If he were to write the same book today, it’s interesting to speculate whether he would tap into the indigenous rationalist philosophy of Charvaka, also known as Lokayata. Probably, he would. After all, the same pursuit of reconciliation made him write a commentary on the Bible. He stressed that since both the Quran and the Bible were of the same provenance, there was little scriptural pretext for religious animus between the followers of the two.

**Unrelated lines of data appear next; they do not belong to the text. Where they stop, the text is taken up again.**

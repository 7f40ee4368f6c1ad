-- ===== src/Lib.antt =====
-- The engine of OQTOPUS (coreapp): it fetches quantum jobs from the cloud, runs them one at a time on a
-- device behind a gateway, and reports their results.
--
-- How the parts interact. The poller (coreapp/poller) asks the cloud for jobs when the queue and the
-- device allow it; the converter (coreapp/oas/converter.go) and the job factory (coreapp/core/job.go)
-- make jobs of what comes back; the scheduler (coreapp/scheduler) takes each job through pre-processing,
-- the queue, processing and post-processing, and sends its state to the database (coreapp/core/db.go,
-- or coreapp/db/service.go, which reports to the cloud);
-- processing sends the job through the gateway (coreapp/qpu), and the result of a combined job is divided
-- among its circuits (coreapp/multiprog/manual/resultdivider). A program of an SSE job runs in a container
-- (coreapp/sse), whose requests the router sends to the transpiler and the device.
--
-- Which file models which part:
--   Prelude            tests, lists, Go's integers and maps, and results with an error or a panic
--   Core/Status, Data, Mapping   coreapp/core/data.go: Status, JobData and its copies, ToMap
--   Core/Device        coreapp/core/syscomponent.go: DeviceStatus, DeviceInfo and the records of its specification
--   Core/Setting       coreapp/core/setting.go: the settings of the components
--   Core/Address       coreapp/common/util.go: ValidAddress
--   Core/Job, Manager  coreapp/core/job.go: the interface Job, JobManager, validateJobParam
--   Core/MemoryDb      coreapp/core/db.go: MemoryDB
--   Jobs/Normal        coreapp/core/job.go: NormalJob, UnknownJob
--   Jobs/Manual        coreapp/multiprog/manual/job.go: the stages of ManualJob; Combine: sendJobdata
--   Jobs/Sampling      coreapp/sampling/job.go: SamplingJob
--   Jobs/Estimation    coreapp/estimation/job.go: EstimationJob (State, Operators, PreProcess)
--   Mitigation         coreapp/mitig/mitig.go: PseudoInverseMitigation and what it reads of a job
--   Transpiler         coreapp/transpiler/tranqu.go: Setup, Transpile and the mappings
--   Sse                coreapp/sse/sserun.go: RunSSE (Steps: its requests); Sse/Job: coreapp/sse/job.go;
--                      Sse/Router: coreapp/sse/router/sse_gateway_router.go, TranspileAndExec
--   RunGroup           coreapp/core/run.go: AddPeriodicTask; Parse: the runners by name
--   Scheduler/Queue    coreapp/scheduler/queue.go: NormalQueue over the interface fifo
--   Scheduler/Handle   coreapp/scheduler/scheduler.go: HandleJob, handleImpl, the worker of Start
--   ResultDivider      coreapp/multiprog/manual/resultdivider/result_divider.go
--   Poller             coreapp/poller/poller.go: Setup, Task, getJobs, passPollingCondition
--   Poller/Params      coreapp/poller/poller.go: SetParams
--   Poller/Client      coreapp/poller/awspollclient.go: toJobSlice
--   Converter          coreapp/oas/converter.go: ConvertFromCloudJob and the statuses
--   Converter/Outgoing coreapp/oas/converter.go: ConvertToCloudJob
--   ServiceDb          coreapp/db/service.go: ServiceDB.Update and the calls it makes
--   Qpu/Circuit        coreapp/qpu/ir.go: the listener that reads a circuit; checkResource
--   Qpu/Filter         coreapp/qpu/circuit.go, coreapp/common/util.go: allow list and deny list
--   Qpu/Validate       coreapp/qpu/circuit.go: circuitValidate, ParseQASM
--   Qpu/Gateway        coreapp/qpu/gateway.go, coreapp/qpu/qpu.go: CallDeviceInfo, CallJob, Send
--   Qpu/Gateway/Polling  coreapp/qpu/qpu.go, device.go, gateway.go: the settings and the polling of the device
--   Examples           concrete inputs
--
-- A method that changes an object in place gives back the object, also with an error or a panic (`Call`,
-- `Run` in Core/Job). Logging is left out. A formatted error message is the data type `Fault`. A Go map is
-- an association list, and what is proved of every list holds of every order of `range`. Integers of Go's
-- type int are unbounded; int32 and uint32 wrap where the source has them, and so does
-- the router's conversion of a uint to an int.
--
-- Goroutines. A job in the scheduler is handled by one goroutine, which waits for the worker: its history
-- is a sequence of rounds, and whether the queue has a place for the job in each is an argument. The queue's
-- own goroutines are a sequence of arrivals and removals. The loop of `handleImpl` has fuel for two rounds,
-- and Scheduler/Handle/Rounds shows that this is enough.
--
-- `RunSSE` keeps a log of its requests, and an answer may depend on the place of the request in it. The loop of a
-- periodic task is a sequence of ticks.
--
-- Parameters: the queue package goconcurrentqueue (`Fifo`), encoding/json as far as it is asked (`Codec`,
-- `Encoder`), the gateway's and the provider's services (`Services`, a function for CallJob), the transpiler of the
-- container (`Container`), the services of the transpiler, of the mitigation, of the estimation and of the
-- combination of circuits as functions from their request to their reply, Docker with the files of an SSE job and
-- the API for its program and its log (`Sse.Steps.Environment`, `Sse.Job.Container`), the services of the router
-- (`Sse.Router.Services`), the values that the TOML decoder gives for a setting (`Core.Setting.Value`), the parser of durations, and the generated QASM parser
-- (`Qpu.Validate.Parser`).
--
-- Not modelled: the gRPC server of the SSE router, its API client and its settings; the servers of the run group and
-- the decoding of TOML; the command line and the wiring of the container (coreapp/cmd); the logs; the
-- generated clients and the generated QASM parser; and the services in Python.
pub mod Prelude
pub mod Core
pub mod Scheduler
pub mod ResultDivider
pub mod Poller
pub mod Converter
pub mod Qpu
pub mod Jobs
pub mod Mitigation
pub mod Transpiler
pub mod RunGroup
pub mod Sse
pub mod Examples
pub mod ServiceDb
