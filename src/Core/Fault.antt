-- ===== src/Core/Fault.antt =====
-- The errors that the engine makes itself. A formatted message is kept as the values that it is
-- formatted from; an error of a service or a library is `external`.
use oqtopus_engine.Prelude.{ℕ, String}
use oqtopus_engine.Prelude.Int.{ℤ}

pub data Fault : Type 0 where
  external : String → Fault
  unknown_status : String → Fault
  invalid_key : Fault
  job_id_is_empty : Fault
  shots_not_positive : ℤ → Fault
  shots_over_limit : ℤ → ℤ → Fault
  transpiler_lib_not_acceptable : String → Fault
  job_type_not_registered : String → Fault
  already_registered : String → Fault
  not_found : String → Fault
  length_mismatch : ℕ → ℕ → Fault
  virtual_out_of_range : ℕ → ℕ → Fault
  physical_out_of_range : ℕ → ℕ → Fault
  inconsistent_qubits : Fault
  inconsistent_qubit_property : Fault
  post_process_failed : Fault
  circuit_combine_failed : Fault
  gateway_not_connected : Fault
  transpile_failed : Fault
  counts_is_empty : Fault
  different_key_lengths : Fault
  statement_not_supported : String → Fault
  too_many_qubits : ℤ → Fault
  failed_to_generate_ir : Fault
  no_input_qasm : Fault
  device_not_available : Fault
  queue_over_threshold : ℕ → Fault
  no_entry : Fault
  sse_failed : String → Fault
  body_is_empty : Fault
  device_info_is_nil : Fault
  unknown_device_name : String → Fault
  params_not_a_table : Fault
  runner_not_found : String → Fault
  tranqu_setting_not_found : Fault
  gateway_setting_not_found : Fault
  invalid_host : String → Fault
  invalid_port : String → Fault
  port_not_an_int : String → Fault
  port_out_of_range : ℕ → Fault
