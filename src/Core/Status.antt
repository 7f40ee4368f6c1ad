-- ===== src/Core/Status.antt =====
-- coreapp/core/data.go: `Status`, its names, and the names read back.
pub mod RoundTrip
use oqtopus_engine.Prelude.{
  String, Bool, true, false, Outcome, ok, err, panic, str_eq, if◌then◌else◌, ◌≡◌, refl,
}
use oqtopus_engine.Core.Fault.{Fault, unknown_status}

pub data Status : Type 0 where
  submitted ready running succeeded failed cancelled : Status

pub Status-discrete : Discrete Status
Status-discrete = hlevel

abbrev pub is_ready : Status → Bool
is_ready ready = true
is_ready _ = false

abbrev pub is_running : Status → Bool
is_running running = true
is_running _ = false

abbrev pub is_succeeded : Status → Bool
is_succeeded succeeded = true
is_succeeded _ = false

abbrev pub is_failed : Status → Bool
is_failed failed = true
is_failed _ = false

-- `Status.String`.
unfoldable pub to_string : Status → String
to_string submitted = "submitted"
to_string ready = "ready"
to_string running = "running"
to_string succeeded = "succeeded"
to_string failed = "failed"
to_string cancelled = "cancelled"

-- `ToStatus`.
unfoldable pub to_status : String → Outcome Fault Status
to_status s =
    if str_eq s "submitted"
    then ok submitted
    else if str_eq s "ready"
    then ok ready
    else if str_eq s "running"
    then ok running
    else if str_eq s "succeeded"
    then ok succeeded
    else if str_eq s "failed"
    then ok failed
    else if str_eq s "cancelled"
    then ok cancelled
    else err (unknown_status s)
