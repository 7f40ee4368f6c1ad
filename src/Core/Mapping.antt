-- ===== src/Core/Mapping.antt =====
-- coreapp/core/data.go: `VirtualPhysicalMappingRaw.ToMap` once the JSON object is decoded. A key is
-- text and is read as `strconv.ParseUint(k, 10, 32)` reads it.
use oqtopus_engine.Prelude.{
  ℕ, ◌+◌, ◌-◌, ◌*◌, ◌^◌, Bool, ◌&&◌, Option, none, some, [], ◌∷◌, Outcome, ok, err, ltb, leb,
  if◌then◌else◌,
}
use oqtopus_engine.Prelude.Dict.{Bytes, Dict, insert, nat_eq}
use oqtopus_engine.Core.Fault.{Fault, invalid_key}

abbrev pub is_digit : ℕ → Bool
is_digit c = leb b'0' c && leb c b'9'

-- The digits after what has been read so far.
unfoldable pub parse_digits : ℕ → Bytes → Option ℕ
parse_digits acc [] = some acc
parse_digits acc (c ∷ s) =
    let rest = parse_digits (acc * 10 + (c - b'0')) s in if is_digit c then rest else none

-- `strconv.ParseUint(s, 10, 32)`: no digit, another character, or a number past 32 bits fails.
unfoldable pub parse_uint : Bytes → Option ℕ
unfolding parse_digits
parse_uint [] = none
parse_uint (c ∷ s) = elim (parse_digits 0 (c ∷ s)) [
  | none ↦ none
  | some n ↦ if ltb n (2 ^ 32) then some n else none
]

abbrev pub VirtualPhysicalMappingMap : Type 0
VirtualPhysicalMappingMap = Dict ℕ ℕ

-- The loop over the decoded object, on the map built so far.
unfoldable pub to_map_from :
    VirtualPhysicalMappingMap → Dict Bytes ℕ → Outcome Fault VirtualPhysicalMappingMap
unfolding parse_uint
to_map_from result [] = ok result
to_map_from result ((k, v) ∷ temp) = elim (parse_uint k) [
  | none ↦ err invalid_key
  | some key ↦ to_map_from (insert key v result) temp
]

-- `ToMap`: an error of the decoder is only logged, so `temp` is what it left.
unfoldable pub to_map : Dict Bytes ℕ → Outcome Fault VirtualPhysicalMappingMap
unfolding to_map_from
to_map temp = to_map_from [] temp
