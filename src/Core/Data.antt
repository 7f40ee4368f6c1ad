-- ===== src/Core/Data.antt =====
-- coreapp/core/data.go: the data of a job and its copies. A float32 is carried as its bits, a time
-- as a number, raw JSON as its text; `none` is Go's nil.
use oqtopus_engine.Prelude.{
  ℕ, String, Bool, true, false, Option, none, some, [], ◌∷◌, Outcome, ok, panic, ◌>>=◌, or_panic,
  is_some, str_eq, if◌then◌else◌,
}
use oqtopus_engine.Prelude.Int.{ℤ, pos}
use oqtopus_engine.Prelude.Dict.{Bytes, Dict}
use oqtopus_engine.Core.Fault.{Fault}
use oqtopus_engine.Core.Status.{Status, submitted, failed, is_succeeded, is_failed}
use oqtopus_engine.Core.Mapping.{VirtualPhysicalMappingMap}

abbrev pub Counts : Type 0
Counts = Dict Bytes ℕ

-- The index of a circuit, and its counts.
abbrev pub DividedResult : Type 0
DividedResult = Dict ℕ Counts

-- `Result.Message`: a text of a service, or an error's.
pub data Message : Type 0 where
  text : String → Message
  of_fault : Fault → Message

pub record TranspilerConfig : Type 0 where
  pub transpiler_lib : Option String
  pub transpiler_options : Option String
  pub use_default : Bool

pub record TranspilerInfo : Type 0 where
  pub stats_raw : Option String
  pub physical_virtual_mapping : Dict ℕ ℕ
  pub virtual_physical_mapping_raw : Option String
  pub virtual_physical_mapping_map : VirtualPhysicalMappingMap

pub record Estimation : Type 0 where
  pub exp_value : ℕ
  pub stds : ℕ

pub record JobResult : Type 0 where
  pub counts : Counts
  pub divided_result : Option DividedResult
  pub transpiler_info : Option TranspilerInfo
  pub estimation : Option Estimation
  pub message : Message
  pub execution_time : ℕ

pub record JobData : Type 0 where
  pub id : String
  pub status : Status
  pub shots : ℤ
  pub transpiler : Option TranspilerConfig
  pub qasm : String
  pub transpiled_qasm : String
  pub result : JobResult
  pub job_type : String
  pub created : ℕ
  pub ended : ℕ
  pub info : String
  pub mitigation_info : String
  pub use_job_info_update : Bool
  pub needs_update_transpiler_info : Bool

unfoldable pub new_result : JobResult
new_result = record {
  counts = [];
  divided_result = none;
  transpiler_info = some (record {
    stats_raw = none;
    physical_virtual_mapping = [];
    virtual_physical_mapping_raw = none;
    virtual_physical_mapping_map = [];
  });
  estimation = none;
  message = text "";
  execution_time = 0;
}

-- The zero value of `Status` is SUBMITTED.
unfoldable pub new_job_data : ℕ → JobData
unfolding new_result
new_job_data now = record {
  id = "";
  status = submitted;
  shots = pos 0;
  transpiler = none;
  qasm = "";
  transpiled_qasm = "";
  result = new_result;
  job_type = "";
  created = now;
  ended = 0;
  info = "";
  mitigation_info = "";
  use_job_info_update = false;
  needs_update_transpiler_info = false;
}

-- `JobData.NeedTranspiling`, which reads through the pointer to the transpiler's configuration.
unfoldable pub need_transpiling : JobData → Outcome Fault Bool
need_transpiling jd = or_panic jd.transpiler >>= λ c. ok (is_some c.transpiler_lib)

-- `JobData.Clone`: a deep copy, whose last three assignments change nothing.
unfoldable pub clone_data : JobData → JobData
clone_data jd = jd

-- The last loop of `cloneTranspilerInfo`: an entry that is copied is written to a nil map.
copy_mapping_map : VirtualPhysicalMappingMap → Outcome Fault VirtualPhysicalMappingMap
copy_mapping_map [] = ok []
copy_mapping_map (e ∷ m) = panic

-- `cloneTranspilerInfo`, which does not copy `StatsRaw`.
unfoldable pub clone_transpiler_info : Option TranspilerInfo → Outcome Fault TranspilerInfo
unfolding copy_mapping_map
clone_transpiler_info info = or_panic info >>= λ i.
    copy_mapping_map i.virtual_physical_mapping_map >>= λ m.
    ok (record i { stats_raw = none; virtual_physical_mapping_map = m })

clone_estimation_if : Bool → Option Estimation → Outcome Fault (Option Estimation)
clone_estimation_if true e = or_panic e >>= λ x. ok (some x)
clone_estimation_if false e = ok none

-- `CloneJobData`: a new job data with these fields of the old.
unfoldable pub clone_job_data : ℕ → JobData → Outcome Fault JobData
unfolding clone_transpiler_info clone_estimation_if new_job_data
clone_job_data now i =
    let o = new_job_data now in
    clone_transpiler_info i.result.transpiler_info >>= λ ti.
    clone_estimation_if (str_eq i.job_type "estimation") i.result.estimation >>= λ e. ok (record o {
      id = i.id;
      status = i.status;
      shots = i.shots;
      transpiler = i.transpiler;
      qasm = i.qasm;
      transpiled_qasm = i.transpiled_qasm;
      result = record (o.result) {
        counts = i.result.counts;
        transpiler_info = some ti;
        estimation = e;
      };
      job_type = i.job_type;
      created = i.created;
      ended = i.ended;
    })

-- `SetFailureWithErrorToJobData`, at the time `now`.
unfoldable pub set_failure : ℕ → Fault → JobData → JobData
set_failure now e jd = record jd {
  result = record (jd.result) { message = of_fault e };
  status = failed;
  ended = now;
}

-- The test that several kinds of job share.
abbrev pub is_done : Status → Bool
is_done st = if is_succeeded st then true else is_failed st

Would he have, similarly, undertaken to write an exposition of the Vedas and Upanishads to highlight the essential unity of all religions? If he could make a new recension of Ain-i-Akbari, he would definitely embrace Akbar’s Sulh-i-Kul (universal peace) principle as well.

Sir Syed had the wisdom to know that unless Islam fused into the Indian culture, it would remain a stranger in the land, with none too good implications for its followers. He would have been embarrassed that in a thousand years, except for Al-Biruni’s Kitab-ul Hind and Dara Shukoh’s Majma-ul-Bahrain, Muslims had made no serious effort to understand India. What they didn’t do as rulers, they must now as citizens.

नजमुल हुदा
( Najmul Hoda )

The writer is an IPS officer from Tamilnadu.